### Required work
Each line in the records below, from the one that contains "object_type = obj_type;" to the one that contains "if (left == 0) && not o.permanent", should be reproduced exactly, the first and last included.

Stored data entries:
BEGIN

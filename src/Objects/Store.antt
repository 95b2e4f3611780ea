-- ===== src/Objects/Store.antt =====
-- The pool of objects in kernel/src/win32/object.rs, and the calls on a table and the pool.
use mathlib.Core.Option
use nonameos.Prelude.{
  ℕ, ◌+◌, ◌-◌, ◌%◌, min, Bool, true, false, not, ◌&&◌, List, Option, none, some, length, get_or,
  set, take, replicate, copy_prefix, bytes_eq, ◌==◌, if◌then◌else◌, add_usize, sub_usize,
}
use nonameos.Prelude.Find.{find_index}
use nonameos.Objects.{
  ObjectType, type_code, ObjectBody, ObjectHeader, HandleTable, invalid, status_success,
  status_invalid_handle, status_object_name_not_found, status_object_type_mismatch,
  status_insufficient_resources, is_error, alloc, get, close,
}

abbrev pub max_objects : ℕ
max_objects = 1024

pub record ObjectPool : Type 0 where
  pub objects : List (Option ObjectHeader)
  pub count : ℕ

unfoldable pub empty_pool : ObjectPool
empty_pool = record { objects = replicate max_objects none; count = 0 }

abbrev pub object : ObjectPool → ℕ → Option ObjectHeader
object pool index = get_or pool.objects index none

abbrev pub is_vacant : Option ObjectHeader → Bool
is_vacant none = true
is_vacant (some o) = false

-- The header that `create_object` puts into a slot.
unfoldable pub new_header : ObjectType → List ℕ → ObjectBody → ObjectHeader
new_header obj_type name body =
    let len = min (length name) 127 in
    record {
      object_type = obj_type;
      ref_count = 1;
      handle_count = 0;
      name = copy_prefix (take len name) (replicate 128 0);
      name_len = len;
      permanent = false;
      body = body;
    }

unfoldable pub create_object : ObjectType → List ℕ → ObjectBody → ObjectPool → Option ℕ × ObjectPool
create_object obj_type name body pool = elim (find_index is_vacant pool.objects) [
  | none ↦ (none, pool)
  | some i ↦ (
    some i,
    record {
      objects = set pool.objects i (some (new_header obj_type name body));
      count = add_usize pool.count 1;
    },
  )
]

abbrev pub u32_mod : ℕ
u32_mod = 4294967296

unfoldable pub reference_object : ℕ → ObjectPool → ℕ × ObjectPool
reference_object index pool = elim (object pool index) [
  | none ↦ (status_invalid_handle, pool)
  | some o ↦ (
    status_success,
    record pool {
      objects =
          set pool.objects index (some (record o { ref_count = (o.ref_count + 1) % u32_mod }));
    },
  )
]

-- `dereference_object` on an object that has a reference.
unfoldable pub drop_reference : ℕ → ObjectHeader → ObjectPool → ObjectPool
drop_reference index o pool =
    let left = o.ref_count - 1 in
    if (left == 0) && not o.permanent
    then record { objects = set pool.objects index none; count = sub_usize pool.count 1 }
    else record pool { objects = set pool.objects index (some (record o { ref_count = left })) }

unfoldable pub dereference_object : ℕ → ObjectPool → ℕ × ObjectPool
dereference_object index pool = elim (object pool index) [
  | none ↦ (status_invalid_handle, pool)
  | some o ↦
      if o.ref_count == 0
      then (status_invalid_handle, pool)
      else (status_success, drop_reference index o pool)
]

unfoldable pub is_named : List ℕ → Option ObjectHeader → Bool
is_named name none = false
is_named name (some o) = (o.name_len == length name) && bytes_eq (take o.name_len o.name) name

unfoldable pub lookup_object : List ℕ → ObjectPool → Option ℕ
lookup_object name pool = find_index (is_named name) pool.objects

abbrev pub get_object_type : ℕ → ObjectPool → Option ObjectType
get_object_type index pool = Option.map (λ (o : ObjectHeader). o.object_type) (object pool index)

pub data OpenResult : Type 0 where
  opened failed : ℕ → OpenResult

-- The last step of `open_object`: a handle for the object, or the reference taken back.
unfoldable pub open_handle :
    ℕ → ℕ → HandleTable → ObjectPool → OpenResult × HandleTable × ObjectPool
open_handle index access table pool =
    let (handle, table') = alloc index access table in
    if handle == invalid
    then (failed status_insufficient_resources, table', (dereference_object index pool).1)
    else (opened handle, table', pool)

-- `open_object` once the name is found.
unfoldable pub open_index :
    ℕ → ObjectType → ℕ → HandleTable → ObjectPool → OpenResult × HandleTable × ObjectPool
open_index index expected_type access table pool = elim (get_object_type index pool) [
  | none ↦ (failed status_invalid_handle, table, pool)
  | some obj_type ↦
      let (status, pool') = reference_object index pool in
      if not (type_code obj_type == type_code expected_type)
      then (failed status_object_type_mismatch, table, pool)
      else if is_error status
      then (failed status, table, pool')
      else open_handle index access table pool'
]

unfoldable pub open_object :
    List ℕ → ObjectType → ℕ → HandleTable → ObjectPool → OpenResult × HandleTable × ObjectPool
open_object name expected_type access table pool = elim (lookup_object name pool) [
  | none ↦ (failed status_object_name_not_found, table, pool)
  | some index ↦ open_index index expected_type access table pool
]

-- `close_handle` (NtClose)
unfoldable pub close_handle : ℕ → HandleTable → ObjectPool → ℕ × HandleTable × ObjectPool
close_handle handle table pool = elim (get handle table) [
  | none ↦ (status_invalid_handle, table, pool)
  | some e ↦
      let (status, table') = close handle table in
      if is_error status
      then (status, table', pool)
      else let (result, pool') = dereference_object e.object_index pool in (result, table', pool')
]
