-- ===== src/Screen/Tests.antt =====
-- A screen of spaces, with the cursor in its last row.
use nonameos.Prelude.{◌≡◌, refl, [], ◌∷◌, arith}
use nonameos.Screen.{Screen, color_code, scroll, write_string, write_byte, put_byte, new_line}
use nonameos.Screen.Bounds.{Scrolled, Kept, scroll-Scrolled, write_string-Kept}

abbrev screen : Screen
screen = record {
  col = 79;
  row = 24;
  color = color_code 10 0;
  cells = λ n. record { ascii = n; color = 7 };
}

scroll-Scrolled_example : Scrolled screen (scroll screen)
scroll-Scrolled_example = scroll-Scrolled screen

write_string-Kept_example : Kept screen (write_string (65 ∷ 66 ∷ 10 ∷ []) screen)
write_string-Kept_example =
    write_string-Kept (65 ∷ 66 ∷ 10 ∷ []) screen
      (record { row_inside = omega arith; col_inside = omega arith })

-- The second byte goes to a new line.
wraps : (write_string (65 ∷ 66 ∷ []) screen).col ≡ 1
unfolding write_string write_byte put_byte new_line scroll
wraps = refl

END

### Answer for this exercise
      object_type = obj_type;
      ref_count = 1;
      handle_count = 0;
      name = copy_prefix (take len name) (replicate 128 0);
      name_len = len;
      permanent = false;
      body = body;
    }

unfoldable pub create_object : ObjectType → List ℕ → ObjectBody → ObjectPool → Option ℕ × ObjectPool
create_object obj_type name body pool = elim (find_index is_vacant pool.objects) [
  | none ↦ (none, pool)
  | some i ↦ (
    some i,
    record {
      objects = set pool.objects i (some (new_header obj_type name body));
      count = add_usize pool.count 1;
    },
  )
]

abbrev pub u32_mod : ℕ
u32_mod = 4294967296

unfoldable pub reference_object : ℕ → ObjectPool → ℕ × ObjectPool
reference_object index pool = elim (object pool index) [
  | none ↦ (status_invalid_handle, pool)
  | some o ↦ (
    status_success,
    record pool {
      objects =
          set pool.objects index (some (record o { ref_count = (o.ref_count + 1) % u32_mod }));
    },
  )
]

-- `dereference_object` on an object that has a reference.
unfoldable pub drop_reference : ℕ → ObjectHeader → ObjectPool → ObjectPool
drop_reference index o pool =
    let left = o.ref_count - 1 in
    if (left == 0) && not o.permanent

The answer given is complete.